Getting wide release this weekend is Roger Donaldson's The Bank Job, also known as the movie that seems like it should be directed by Guy Ritchie but isn't. It is, however, based on an infamous 1971 vault heist which has gained recent noteriety not so much for the unsolved crime — although it was one of the biggest bank jobs in British history at the time — but the circumstances of its aftermath: what seemed to be an incredibly newsworthy story was hardly written about in the days following thanks to a "D notice" that served to gag the press. Speculation as to why this would be the case has raged for thirty-five years, and now, Donaldson's film (informed by a newly popular conspiracy theory involving a royal sex scandal) attempts to answer the question definitively, if fictionally. Nothing makes for an exciting movie like crime, and nothing makes a crime movie have that little extra edge than the slightest elements of truth. True crime movies have been a fixture of the silver screen almost since their inception; there's so many to choose from that we don't even begin to pretend this list is definitive. It's just a few of our favorites, each for a different reason.
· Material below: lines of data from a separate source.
-- ===== src/Pi/Requests.antt =====
-- What `sendCommand` (RPi/usart.cpp) puts on the wire.
use cg2111a_b.Base.{ℕ, le→leb, ◌≡◌, refl, sym, ap, ◌∙◌, arith, ◌∷◌, Option, some, none}
use cg2111a_b.Base.Int.{pos, ◌≤ℤ◌}
use cg2111a_b.Packet.{Packet, packet_bytes, set_param}
use cg2111a_b.Packet.Layout.{IsPacket, length-packet_bytes}
use cg2111a_b.Serialize.{Comms}
use cg2111a_b.Serialize.Frame.{IsComms}
use cg2111a_b.Serialize.Roundtrip.{frame, serialize_lem}
use cg2111a_b.Pi.{
  Pi, World, CommandType, command_code, command_stop, command_get_stats, command_clear_stats,
  command_color, command_dist, command_lcd, write, emit,
}
use cg2111a_b.Pi.Serial.{serial_write}
use cg2111a_b.Pi.Table.{requested, kind_of_mode, request, request-case_of, packet_type_of_lem}
use cg2111a_b.Pi.Send.{
  packet_type_of, Case, mode_params, mode_hold, mode_press, mode_timed, move, stop, clear_stats,
  get_stats, color, dist, lcd, help, quit, bad, case_of, send_packet, get_params, run_case,
  send_command,
}
use cg2111a_b.Packet.Stores.{set_param-IsPacket, coded-IsPacket}
use cg2111a_b.Pi.Params.{
  IsStack, written, written-leave_curses, leave_curses_port, enter_curses_port,
  written-enter_curses, get_params-GotParams,
}

-- The calls after `s'` is reached from `s` by sending one packet.
pub record Sends {Float : Type 0} (mode : ℕ) (code : CommandType) (s s' : Pi Float) : Type 0 where
  pub slot : Comms
  pub packet : Packet
  pub slot_shape : IsComms slot
  pub packet_shape : IsPacket packet
  pub kind : packet.packet_type ≡ kind_of_mode mode
  pub command : packet.command ≡ command_code code
  pub wire : written s'.calls ≡ frame slot (packet_bytes packet) ∷ written s.calls

-- What a command character does to the wire.
abbrev pub Effect : {Float : Type 0} → Option CommandType → ℕ → Pi Float → Pi Float → Type 0
Effect none mode s s' = written s'.calls ≡ written s.calls
Effect (some code) mode s s' = Sends mode code s s'

module _ (w : World) (stacks : (s : Pi w.Float) → IsStack (w.stack s)) where
  open w use {Float, stack}

  pub send_packet_lem :
      (p : Packet) (s : Pi Float)
      → IsPacket p
      → pos 0 ≤ℤ s.fd
      → send_packet w p s ≡ some (emit (write (frame (stack s).slot (packet_bytes p))) s)
  unfolding send_packet serial_write
  send_packet_lem p s h open_port =
      rw
        (
          sym (length-packet_bytes p h),
          serialize_lem (stack s).slot (stack s).buffer (packet_bytes p) (stacks s).slot
              (stacks s).buffer (omega (arith, length-packet_bytes p h)),
        )
        (rw (le→leb _ _ open_port, serial_write) refl)

  send_code-Sends :
      (code : CommandType) (mode : ℕ) (p : Packet) (s0 s : Pi Float)
      → IsPacket p
      → p.packet_type ≡ kind_of_mode mode
      → pos 0 ≤ℤ s.fd
      → written s.calls ≡ written s0.calls
      → (s' : Pi Float) × (send_packet w (record p { command = command_code code }) s ≡ some s')
        × Sends mode code s0 s'
        × (s'.fd ≡ s.fd)
  send_code-Sends code mode p s0 s h kind open_port quiet = (
    emit (write (frame (stack s).slot (packet_bytes q))) s,
    send_packet_lem q s shape open_port,
    record {
      slot = (stack s).slot;
      packet = q;
      slot_shape = (stacks s).slot;
      packet_shape = shape;
      kind = kind;
      command = refl;
      wire = ap (λ t. frame (stack s).slot (packet_bytes q) ∷ t) quiet;
    },
    refl,
  )
    where
      q : Packet
      q = record p { command = command_code code }

      shape : IsPacket q
      shape = coded-IsPacket p p.packet_type (command_code code) h

  run_case-Effect :
      (k : Case) (p : Packet) (s : Pi Float)
      → IsPacket p
      → p.packet_type ≡ kind_of_mode s.keyboard_mode
      → pos 0 ≤ℤ s.fd
      → (s' : Pi Float) × (run_case w k p s ≡ some s')
        × Effect (request k) s.keyboard_mode s s'
        × (s'.fd ≡ s.fd)
  unfolding run_case
  run_case-Effect mode_params p s h kind port =
      (_, refl, written-leave_curses s, leave_curses_port s)
  run_case-Effect mode_hold p s h kind port = (_, refl, written-leave_curses s, leave_curses_port s)
  run_case-Effect mode_press p s h kind port =
      (_, refl, written-enter_curses s, enter_curses_port s)
  run_case-Effect mode_timed p s h kind port =
      (_, refl, written-enter_curses s, enter_curses_port s)
  run_case-Effect (move c) p s h kind port =
      let g = get_params-GotParams w p s h in
      let (s', sent, sends, same) =
        send_code-Sends c s.keyboard_mode (get_params w p s).0 s (get_params w p s).1 g.shape
          (g.kind ∙ kind) (rw g.port port) g.quiet in
      (s', sent, sends, same ∙ g.port)
  run_case-Effect stop p s h kind port =
      send_code-Sends command_stop s.keyboard_mode p s s h kind port refl
  run_case-Effect clear_stats p s h kind port =
      send_code-Sends command_clear_stats s.keyboard_mode (set_param 0 0 p) s s
        (set_param-IsPacket 0 0 p h (omega arith)) kind port refl
  run_case-Effect get_stats p s h kind port =
      send_code-Sends command_get_stats s.keyboard_mode p s s h kind port refl
  run_case-Effect color p s h kind port =
      send_code-Sends command_color s.keyboard_mode p s _ h kind port refl
  run_case-Effect dist p s h kind port =
      send_code-Sends command_dist s.keyboard_mode p s _ h kind port refl
  run_case-Effect lcd p s h kind port =
      send_code-Sends command_lcd s.keyboard_mode p s _ h kind port refl
  run_case-Effect help p s h kind port = (_, refl, refl, refl)
  run_case-Effect quit p s h kind port = (_, refl, written-leave_curses s, leave_curses_port s)
  run_case-Effect bad p s h kind port = (_, refl, refl, refl)

  -- With the port open, every character is handled without a fault, and the port stays as it was.
  -- One that asks the Arduino for something puts exactly one packet on the wire: its type says
  -- the mode, its command is the one of the character, and its bytes are framed. Any other
  -- character puts nothing on the wire. The uninitialised locals have the sizes of their types.
  pub send_command-Effect :
      (c : ℕ) (s : Pi Float)
      → pos 0 ≤ℤ s.fd
      → (s' : Pi Float) × (send_command w c s ≡ some s')
        × Effect (requested c) s.keyboard_mode s s'
        × (s'.fd ≡ s.fd)
  unfolding send_command
  send_command-Effect c s port = rw (← request-case_of c) (
      run_case-Effect (case_of c)
        (record ((stack s).packet) { packet_type = packet_type_of s.keyboard_mode }) s
        (coded-IsPacket (stack s).packet (packet_type_of s.keyboard_mode) (stack s).packet.command
          (stacks s).packet)
        (packet_type_of_lem s.keyboard_mode) port)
Line them all up on a cold night, watch them in a row, and thank your lucky stars this never happened to you...
THE PHENIX CITY STORY (1955)
A little-seen and underrated noir thriller from the genre's waning days, Phil Karlson's The Phenix City Story eschews the highly stylized approach of many of its contemporaries and goes for an understated, gritty style that allows it to function almost like a documentary.